WHAT IS BEING ASKED — Give again, exactly as written, each line of the material below starting at the line that contains "record Run : Type 0 where" and ending at the line that contains "writing_run = record". Both ends count, and no other line does.

SOURCE INFORMATION —
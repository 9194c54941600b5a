-- ===== src/Fifo/Drain.antt =====
-- `count_ready` foretells what `poll` will return.
use m_kernel.Prelude.{
  Option, none, some, List, [], ◌∷◌, ℕ, zero, suc, ◌+◌, ◌^◌, ◌≤◌, ◌<◌, ◌≡◌, refl, arith, IsPow2,
  List, length, update, update_ne, [], ◌∙◌, u64, Bool-cases, inl, inr, ap, false, true,
}
use m_kernel.Types.{TransferCmd, is_empty, CmdType}
use m_kernel.Fifo.{Fifo, poll, slot_index, count_ready, count_from}
use m_kernel.Fifo.Words.{slot_index-ne}

-- The commands of up to `n` polls in a row, which stop at the first that finds nothing.
unfoldable pub drained : Fifo → ℕ → List TransferCmd
drained f zero = []
drained f (suc n) = let (r, g) = poll f in elim r [ none ↦ [] | some cmd ↦ cmd ∷ drained g n ]

-- `g` is `f` after `r` polls that each found a command.
record After (f g : Fifo) (r : ℕ) : Type 0 where
  same_capacity : g.capacity ≡ f.capacity
  cursor : g.cpu_head ≡ f.cpu_head + r
  ahead :
      (k : ℕ)
      → r ≤ k
      → k < f.capacity
      → g.triggers (slot_index f.capacity (f.cpu_head + k))
        ≡ f.triggers (slot_index f.capacity (f.cpu_head + k))

module _ (f : Fifo) (pow : IsPow2 f.capacity) where
  -- The state that a poll leaves when it finds a command.
  abbrev polled : Fifo → Fifo
  polled g =
      let idx : ℕ = slot_index g.capacity g.cpu_head in
      record g {
        triggers = update g.triggers idx (record (g.triggers idx) { cmd_type = CmdType.empty });
        cpu_head = u64 (g.cpu_head + 1);
      }

  After-polled :
      (g : Fifo) (r : ℕ) → After f g r → f.cpu_head + r + 1 < 2 ^ 64 → After f (polled g) (r + 1)
  After-polled g r a wide = record {
    same_capacity = a.same_capacity;
    cursor = omega (arith, a.cursor);
    ahead = λ k h w.
        rw (a.same_capacity, a.cursor)
          (update_ne g.triggers _ _ _
              (slot_index-ne (f.cpu_head + r) (f.cpu_head + k) pow (omega arith) (omega arith))
            ∙ a.ahead k (omega arith) w);
  }

  front : Fifo → TransferCmd
  front g = g.triggers (slot_index g.capacity g.cpu_head)

  drained-nothing : (g : Fifo) (n : ℕ) → is_empty (front g).cmd_type ≡ true → drained g (suc n) ≡ []
  unfolding drained poll front
  drained-nothing g n e = rw (drained, poll, e) refl

  poll-found :
      (g : Fifo) → is_empty (front g).cmd_type ≡ false → poll g ≡ (some (front g), polled g)
  unfolding poll front
  poll-found g e = rw e refl

  drained-something :
      (g : Fifo) (n : ℕ)
      → is_empty (front g).cmd_type ≡ false
      → drained g (suc n) ≡ front g ∷ drained (polled g) n
  unfolding drained
  drained-something g n e =
      ap
        (λ (r : Option TransferCmd × Fifo). elim r.0 as (λ o. List TransferCmd) [
          | none ↦ []
          | some cmd ↦ cmd ∷ drained r.1 n
        ])
        (poll-found g e)

  -- What stands `r` slots beyond the cursor of `f`.
  beyond : ℕ → TransferCmd
  beyond r = f.triggers (slot_index f.capacity (u64 (f.cpu_head + r)))

  count_from-nothing :
      (r left : ℕ) → is_empty (beyond r).cmd_type ≡ true → count_from f r (suc left) ≡ r
  unfolding count_from beyond
  count_from-nothing r left e = rw e refl

  count_from-something :
      (r left : ℕ)
      → is_empty (beyond r).cmd_type ≡ false
      → count_from f r (suc left) ≡ count_from f (r + 1) left
  unfolding count_from beyond
  count_from-something r left e = rw e refl

  front-beyond :
      (g : Fifo) (r : ℕ)
      → After f g r
      → r < f.capacity
      → f.cpu_head + r < 2 ^ 64
      → front g ≡ beyond r
  unfolding front beyond
  front-beyond g r a room wide =
      ap g.triggers (rw (a.same_capacity, a.cursor) refl)
      ∙ a.ahead r (omega arith) room
      ∙ ap (λ k. f.triggers (slot_index f.capacity k)) (omega arith)

  count_from-drained :
      (left r : ℕ) (g : Fifo)
      → After f g r
      → r + left ≤ f.capacity
      → f.cpu_head + r + left < 2 ^ 64
      → count_from f r left ≡ r + length (drained g left)
  unfolding count_from drained
  count_from-drained zero r g a room wide = omega arith
  count_from-drained (suc left) r g a room wide = elim (Bool-cases (is_empty (beyond r).cmd_type)) [
    | inl e ↦
        omega (arith, count_from-nothing r left e, ap length (drained-nothing g left (same ∙ e)))
    | inr e ↦ omega (
      arith,
      count_from-something r left e,
      ap length (drained-something g left (same ∙ e)),
      count_from-drained left (r + 1) (polled g) (After-polled g r a (omega arith)) (omega arith)
          (omega arith),
    )
  ]
    where
      same : is_empty (front g).cmd_type ≡ is_empty (beyond r).cmd_type
      same =
          ap (λ (c : TransferCmd). is_empty c.cmd_type)
            (front-beyond g r a (omega arith) (omega arith))

-- For a limit of at most the capacity, and no wrap of the cursor, `count_ready` is the number of
-- commands that as many polls in a row return before the first empty one.
pub count_ready-drained :
    (f : Fifo) (limit : ℕ)
    → IsPow2 f.capacity
    → limit ≤ f.capacity
    → f.cpu_head + limit < 2 ^ 64
    → count_ready f limit ≡ length (drained f limit)
unfolding count_ready
count_ready-drained f limit pow room wide = omega (
  arith,
  count_from-drained f pow limit 0 f
      (record { same_capacity = refl; cursor = omega arith; ahead = λ k h w. refl }) (omega arith)
      (omega arith),
)
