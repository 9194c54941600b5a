-- ===== src/Fifo/Tests.antt =====
-- The ring at concrete inputs: one thread pushes a command through a ring of two slots.
use m_kernel.Prelude.{
  ℕ, ◌+◌, ◌≤◌, ◌<◌, ◌≡◌, ◌≢◌, refl, arith, IsPow2, none, some, [], ◌∷◌, length, inl,
}
use m_kernel.Types.{CmdType, TransferCmd, zero_cmd}
use m_kernel.Fifo.{Fifo, poll, slot_index, count_ready, create_d2h_fifo, put_word}
use m_kernel.Fifo.Create.{fresh_fifo, create_d2h_fifo-iff-IsPow2}
use m_kernel.Fifo.System.{System, claim, move, release, polls, room, store, stored}
use m_kernel.Fifo.Delivery.{
  Reach, start, next, first, got-first, write_is_safe, empty_poll_is_pending,
}
use m_kernel.Fifo.Drain.{drained, count_ready-drained}
use m_kernel.Fifo.Invariant.{claimed}

abbrev tile_cmd : TransferCmd
tile_cmd = record zero_cmd { cmd_type = CmdType.write; tile_id = 7; bytes = 65536; lane_id = 3 }

record Run : Type 0 where
  last : System
  reach : Reach (fresh_fifo 2) last

abbrev claimed_run : Run
claimed_run = record { last = _; reach = next start (claim 0 tile_cmd refl refl) }

abbrev writing_run : Run
writing_run = record { last = _; reach = next claimed_run.reach (move 0 (room (omega arith))) }

-- The five words of the body, then word 0.
abbrev committed_run : Run
committed_run = record {
  last = _;
  reach =
      next
        (next
          (next
            (next
              (next
                (next (next writing_run.reach (move 0 (store (omega arith))))
                  (move 0 (store (omega arith))))
                (move 0 (store (omega arith))))
              (move 0 (store (omega arith))))
            (move 0 (store (omega arith))))
          (move 0 (stored refl)))
        (release 0 tile_cmd 0 refl);
}

abbrev polled_run : Run
polled_run = record { last = _; reach = next committed_run.reach polls }

-- A second thread claims slot 1 and may write, while slot 0 is unread.
abbrev racing_run : Run
racing_run = record {
  last = _;
  reach =
      next (next committed_run.reach (claim 1 tile_cmd refl refl)) (move 1 (room (omega arith)));
}

abbrev two : IsPow2 2
two = (1, refl)

got_it : polled_run.last.got ≡ tile_cmd ∷ []
unfolding poll slot_index put_word
got_it = refl

empty_poll_is_pending_example :
    (i : ℕ) × (claimed (claimed_run.last.pc i) ≡ some (claimed_run.last.log 0, 0))
unfolding poll slot_index
empty_poll_is_pending_example =
    empty_poll_is_pending two claimed_run.reach (omega arith) (omega arith) refl

got-first_example :
    (polled_run.last.got ≡ first polled_run.last.mem.cpu_head polled_run.last.log)
    × (polled_run.last.mem.cpu_head ≤ 1)
got-first_example = got-first two polled_run.reach (omega arith)

write_is_safe_example : (slot_index 2 1 ≢ slot_index 2 0) × (1 < racing_run.last.mem.tail + 2)
write_is_safe_example =
    write_is_safe two racing_run.reach (omega arith) 1 tile_cmd 1 0 (inl (1, refl)) (omega arith)
      refl

create_d2h_fifo_accepts : create_d2h_fifo 1024 ≡ some (fresh_fifo 1024)
unfolding create_d2h_fifo
create_d2h_fifo_accepts = refl

create_d2h_fifo_refuses : create_d2h_fifo 1000 ≡ none
unfolding create_d2h_fifo
create_d2h_fifo_refuses = refl

create_d2h_fifo-iff-IsPow2_example :
    (IsPow2 1000 → create_d2h_fifo 1000 ≡ some (fresh_fifo 1000))
    × ((m : Fifo) → create_d2h_fifo 1000 ≡ some m → IsPow2 1000 × (m ≡ fresh_fifo 1000))
create_d2h_fifo-iff-IsPow2_example = create_d2h_fifo-iff-IsPow2 1000

count_ready-drained_example :
    count_ready committed_run.last.mem 2 ≡ length (drained committed_run.last.mem 2)
count_ready-drained_example =
    count_ready-drained committed_run.last.mem 2 two (omega arith) (omega arith)

one_ready : count_ready committed_run.last.mem 2 ≡ 1
unfolding count_ready slot_index put_word
one_ready = refl
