-- ===== src/GemmAr.antt =====
-- include/operators/gemm_ar/gemm_ar.cuh: the order in which thread blocks visit the tiles of the
-- output, and the chunks that transfers are made of. All `int`s here are at least 0.
pub mod Visits
pub mod RowMajor
pub mod Bands
pub mod Chunks
pub mod Override
pub mod Scratch
pub mod Arrivals
mod Tests
use m_kernel.Prelude.{ℕ, ◌+◌, ◌-◌, ◌*◌, ◌/◌, ◌%◌, ltb, if◌then◌else◌}

-- The row and the column of a task, slice by slice and row by row.
unfoldable pub slice_row_major_decode : (task_id row_blocks_per_slice col_blocks : ℕ) → ℕ × ℕ
slice_row_major_decode task_id row_blocks_per_slice col_blocks =
    let tiles_per_slice : ℕ = row_blocks_per_slice * col_blocks in
    let slice_idx : ℕ = task_id / tiles_per_slice in
    let local_idx : ℕ = task_id - slice_idx * tiles_per_slice in
    let rb_in_slice : ℕ = local_idx / col_blocks in
    (slice_idx * row_blocks_per_slice + rb_in_slice, local_idx - rb_in_slice * col_blocks)

-- Round-robin over the slices.
unfoldable pub slice_interleaved_slices_decode :
    (task_id row_blocks_per_slice col_blocks num_slices : ℕ) → ℕ × ℕ
slice_interleaved_slices_decode task_id row_blocks_per_slice col_blocks num_slices =
    let tiles_per_round : ℕ = num_slices * col_blocks in
    let round_idx : ℕ = task_id / tiles_per_round in
    let within_round : ℕ = task_id - round_idx * tiles_per_round in
    let slice_idx : ℕ = within_round / col_blocks in
    (slice_idx * row_blocks_per_slice + round_idx, within_round - slice_idx * col_blocks)

-- The same, with each device beginning at its own slice.
unfoldable pub slice_interleaved_devrel_decode :
    (task_id row_blocks_per_slice col_blocks num_slices dev_idx : ℕ) → ℕ × ℕ
slice_interleaved_devrel_decode task_id row_blocks_per_slice col_blocks num_slices dev_idx =
    let tiles_per_round : ℕ = num_slices * col_blocks in
    let round_idx : ℕ = task_id / tiles_per_round in
    let within_round : ℕ = task_id - round_idx * tiles_per_round in
    let raw_slice : ℕ = within_round / col_blocks in
    let slice_idx : ℕ = (raw_slice + dev_idx) % num_slices in
    (slice_idx * row_blocks_per_slice + round_idx, within_round - raw_slice * col_blocks)

-- A task of the full bands of `super_m` rows, which are walked column by column.
unfoldable pub in_bands : (slice_idx local_idx row_blocks_per_slice col_blocks super_m : ℕ) → ℕ × ℕ
in_bands slice_idx local_idx row_blocks_per_slice col_blocks super_m =
    let super_blocks : ℕ = super_m * col_blocks in
    let band : ℕ = local_idx / super_blocks in
    let in_band : ℕ = local_idx - band * super_blocks in
    (slice_idx * row_blocks_per_slice + band * super_m + in_band % super_m, in_band / super_m)

-- A task of the rows that are left over.
unfoldable pub in_tail : (slice_idx tail_idx row_blocks_per_slice super_rows : ℕ) → ℕ × ℕ
in_tail slice_idx tail_idx row_blocks_per_slice super_rows =
    let tail_rows : ℕ = row_blocks_per_slice - super_rows in
    (slice_idx * row_blocks_per_slice + super_rows + tail_idx % tail_rows, tail_idx / tail_rows)

unfoldable pub slice_super_m_decode : (task_id row_blocks_per_slice col_blocks super_m : ℕ) → ℕ × ℕ
slice_super_m_decode task_id row_blocks_per_slice col_blocks super_m =
    let tiles_per_slice : ℕ = row_blocks_per_slice * col_blocks in
    let slice_idx : ℕ = task_id / tiles_per_slice in
    let local_idx : ℕ = task_id - slice_idx * tiles_per_slice in
    let super_rows : ℕ = row_blocks_per_slice / super_m * super_m in
    if ltb local_idx (super_rows * col_blocks)
    then in_bands slice_idx local_idx row_blocks_per_slice col_blocks super_m
    else in_tail slice_idx (local_idx - super_rows * col_blocks) row_blocks_per_slice super_rows
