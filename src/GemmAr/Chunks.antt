-- ===== src/GemmAr/Chunks.antt =====
-- Chunks of a row of tiles, and the shares of the queues.
use m_kernel.Prelude.{
  ℕ, zero, suc, ◌+◌, ◌-◌, ◌*◌, ◌/◌, ◌%◌, ◌<◌, ◌≤◌, min, ltb, leb, ◌==◌, if◌then◌else◌, Option, none,
  some, ◌||◌, ◌≡◌, high_digit, arith, lt-div-mul-add, dec_lt, high_digit-lt, mod-lt, ap,
  div-add-mod', div-mul-le_self, refl,
}
use mathlib.Core.Path.{subst}

-- `gemm_ar_chunk_tiles`: four tiles, or the number in the environment on the host, cut to the row.
unfoldable pub chunk_tiles : (env : Option ℕ) → ℕ → ℕ
chunk_tiles env col_blocks =
    let tiles : ℕ = elim env [ none ↦ 4 | some n ↦ if ltb 0 n then n else 4 ] in
    if ltb tiles col_blocks then tiles else col_blocks

unfoldable pub chunks_per_row : (env : Option ℕ) → ℕ → ℕ
chunks_per_row env col_blocks =
    (col_blocks + chunk_tiles env col_blocks - 1) / chunk_tiles env col_blocks

unfoldable pub units_for_queue : (total_units queue_id num_queues : ℕ) → ℕ
units_for_queue total_units queue_id num_queues =
    if num_queues == 0 || leb num_queues queue_id || leb total_units queue_id
    then 0
    else 1 + (total_units - 1 - queue_id) / num_queues

-- What `gemm_ar_chunk_decode` says of a chunk.
pub record Chunk : Type 0 where
  pub rb_in_slice : ℕ
  pub row_idx : ℕ
  pub col_start : ℕ
  pub tiles_this_chunk : ℕ

unfoldable pub chunk_decode :
    (env : Option ℕ) → (chunk_id row_blocks_per_slice col_blocks tiles dev_idx : ℕ) → Chunk
chunk_decode env chunk_id row_blocks_per_slice col_blocks tiles dev_idx =
    let per_row : ℕ = chunks_per_row env col_blocks in
    let rb : ℕ = chunk_id / per_row in
    let chunk_col : ℕ = chunk_id - rb * per_row in
    record {
      rb_in_slice = rb;
      row_idx = dev_idx * row_blocks_per_slice + rb;
      col_start = chunk_col * tiles;
      tiles_this_chunk = min tiles (col_blocks - chunk_col * tiles);
    }

unfoldable pub chunk_first_tile :
    (env : Option ℕ) → (chunk_id row_blocks_per_slice col_blocks tiles : ℕ) → ℕ
chunk_first_tile env chunk_id row_blocks_per_slice col_blocks tiles =
    let c : Chunk = chunk_decode env chunk_id row_blocks_per_slice col_blocks tiles 0 in
    c.rb_in_slice * col_blocks + c.col_start

pub chunk_tiles-pos : (env : Option ℕ) (cols : ℕ) → 0 < cols → 0 < chunk_tiles env cols
unfolding chunk_tiles
chunk_tiles-pos env cols h = ground arith

-- The chunks of a row reach its end, and the last one begins before it.
chunks-cover :
    (env : Option ℕ) (cols : ℕ) → 0 < cols → cols ≤ chunks_per_row env cols * chunk_tiles env cols
unfolding chunks_per_row
chunks-cover env cols h = omega (
  arith,
  lt-div-mul-add {a = cols + chunk_tiles env cols - 1} (chunk_tiles-pos env cols h),
  chunk_tiles-pos env cols h,
)

-- The number of the chunk that holds a tile of a row-block.
abbrev pub chunk_of : (env : Option ℕ) → ℕ → ℕ → ℕ → ℕ
chunk_of env cols rb col = rb * chunks_per_row env cols + col / chunk_tiles env cols

-- What that chunk is decoded to.
abbrev pub chunk_holding : (env : Option ℕ) → (rb col rows_per_slice cols dev : ℕ) → Chunk
chunk_holding env rb col rows_per_slice cols dev =
    chunk_decode env (chunk_of env cols rb col) rows_per_slice cols (chunk_tiles env cols) dev

-- For every tile of a slice, a row-block and a column, the chunk `chunk_of` it is decoded to that
-- row-block, to the row of the device's slice, and to a range of columns within the row that holds
-- the column; and the chunk's first tile is the first one of that range.
pub chunk_decode-chunk_of :
    (env : Option ℕ) (rb col rows_per_slice cols dev : ℕ)
    → col < cols
    → ((chunk_holding env rb col rows_per_slice cols dev).rb_in_slice ≡ rb)
      × ((chunk_holding env rb col rows_per_slice cols dev).row_idx ≡ dev * rows_per_slice + rb)
      × ((chunk_holding env rb col rows_per_slice cols dev).col_start ≤ col)
      × (col
          < (chunk_holding env rb col rows_per_slice cols dev).col_start
            + (chunk_holding env rb col rows_per_slice cols dev).tiles_this_chunk)
      × ((chunk_holding env rb col rows_per_slice cols dev).col_start
            + (chunk_holding env rb col rows_per_slice cols dev).tiles_this_chunk
          ≤ cols)
      × (chunk_first_tile env (chunk_of env cols rb col) rows_per_slice cols (chunk_tiles env cols)
          ≡ rb * cols + (chunk_holding env rb col rows_per_slice cols dev).col_start)
unfolding chunk_decode chunk_first_tile
chunk_decode-chunk_of env rb col rows_per_slice cols dev h =
    rw (rb_is, k_is)
      (
        refl,
        refl,
        div-mul-le_self col (chunk_tiles env cols),
        omega (arith, ends_after),
        omega (arith, div-mul-le_self col (chunk_tiles env cols)),
        refl,
      )
  where
    some_tile : 0 < chunk_tiles env cols
    some_tile = chunk_tiles-pos env cols (omega arith)

    ends_after : col < col / chunk_tiles env cols * chunk_tiles env cols + chunk_tiles env cols
    ends_after = lt-div-mul-add {a = col} some_tile

    k_lt : col / chunk_tiles env cols < chunks_per_row env cols
    k_lt =
        high_digit-lt (chunk_tiles env cols) col (chunks_per_row env cols)
          (omega (arith, chunks-cover env cols (omega arith)))

    rb_is : chunk_of env cols rb col / chunks_per_row env cols ≡ rb
    rb_is = high_digit (chunks_per_row env cols) rb (col / chunk_tiles env cols) k_lt

    k_is : chunk_of env cols rb col - rb * chunks_per_row env cols ≡ col / chunk_tiles env cols
    k_is = omega arith

-- The sum of the shares of the first `k` queues.
unfoldable pub shares : (total num_queues : ℕ) → ℕ → ℕ
shares total num_queues zero = 0
shares total num_queues (suc k) = shares total num_queues k + units_for_queue total k num_queues

units_for_queue-digits :
    (a r q n : ℕ) → r < n → q < n → units_for_queue (a * n + r) q n ≡ a + (if ltb q r then 1 else 0)
unfolding units_for_queue
units_for_queue-digits zero r q n hr hq = elim (dec_lt q r) [
  | yes lt ↦ ground (arith, high_digit n 0 (r - 1 - q) (omega arith))
  | no ge ↦ ground arith
]
units_for_queue-digits (suc a) r q n hr hq = elim (dec_lt q r) [
  | yes lt ↦
      ground (arith, ap (λ x. x / n) (after_lt lt), high_digit n (suc a) (r - 1 - q) (omega arith))
  | no ge ↦
      ground (arith, ap (λ x. x / n) (after_ge ge), high_digit n a (n + r - 1 - q) (omega arith))
]
  where
    after_lt : q < r → suc a * n + r - 1 - q ≡ suc a * n + (r - 1 - q)
    after_lt lt = omega arith

    after_ge : ¬ (q < r) → suc a * n + r - 1 - q ≡ a * n + (n + r - 1 - q)
    after_ge ge = omega arith

shares-digits : (a r n k : ℕ) → r < n → k ≤ n → shares (a * n + r) n k ≡ k * a + min k r
unfolding shares
shares-digits a r n zero hr hk = omega arith
shares-digits a r n (suc k) hr hk =
    ground (
      arith,
      shares-digits a r n k hr (omega arith),
      units_for_queue-digits a r k n hr (omega arith),
    )

-- The shares of all queues, at least one, add up to the number of units, and no queue has two units
-- more than another.
pub units_for_queue-shares :
    (total num_queues : ℕ)
    → 0 < num_queues
    → (shares total num_queues num_queues ≡ total)
      × ((p q : ℕ)
          → p < num_queues
          → q < num_queues
          → units_for_queue total p num_queues ≤ units_for_queue total q num_queues + 1)
units_for_queue-shares total n h =
    subst
      (λ t.
        (shares t n n ≡ t)
        × ((p q : ℕ) → p < n → q < n → units_for_queue t p n ≤ units_for_queue t q n + 1))
      (div-add-mod' total n)
      (
        omega (arith, shares-digits (total / n) (total % n) n n small (omega arith)),
        λ p q hp hq. ground (
          arith,
          units_for_queue-digits (total / n) (total % n) p n small hp,
          units_for_queue-digits (total / n) (total % n) q n small hq,
        ),
      )
  where
    small : total % n < n
    small = mod-lt total h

SOLUTION TO THIS PROBLEM —
record Run : Type 0 where
  last : System
  reach : Reach (fresh_fifo 2) last

abbrev claimed_run : Run
claimed_run = record { last = _; reach = next start (claim 0 tile_cmd refl refl) }

abbrev writing_run : Run
writing_run = record { last = _; reach = next claimed_run.reach (move 0 (room (omega arith))) }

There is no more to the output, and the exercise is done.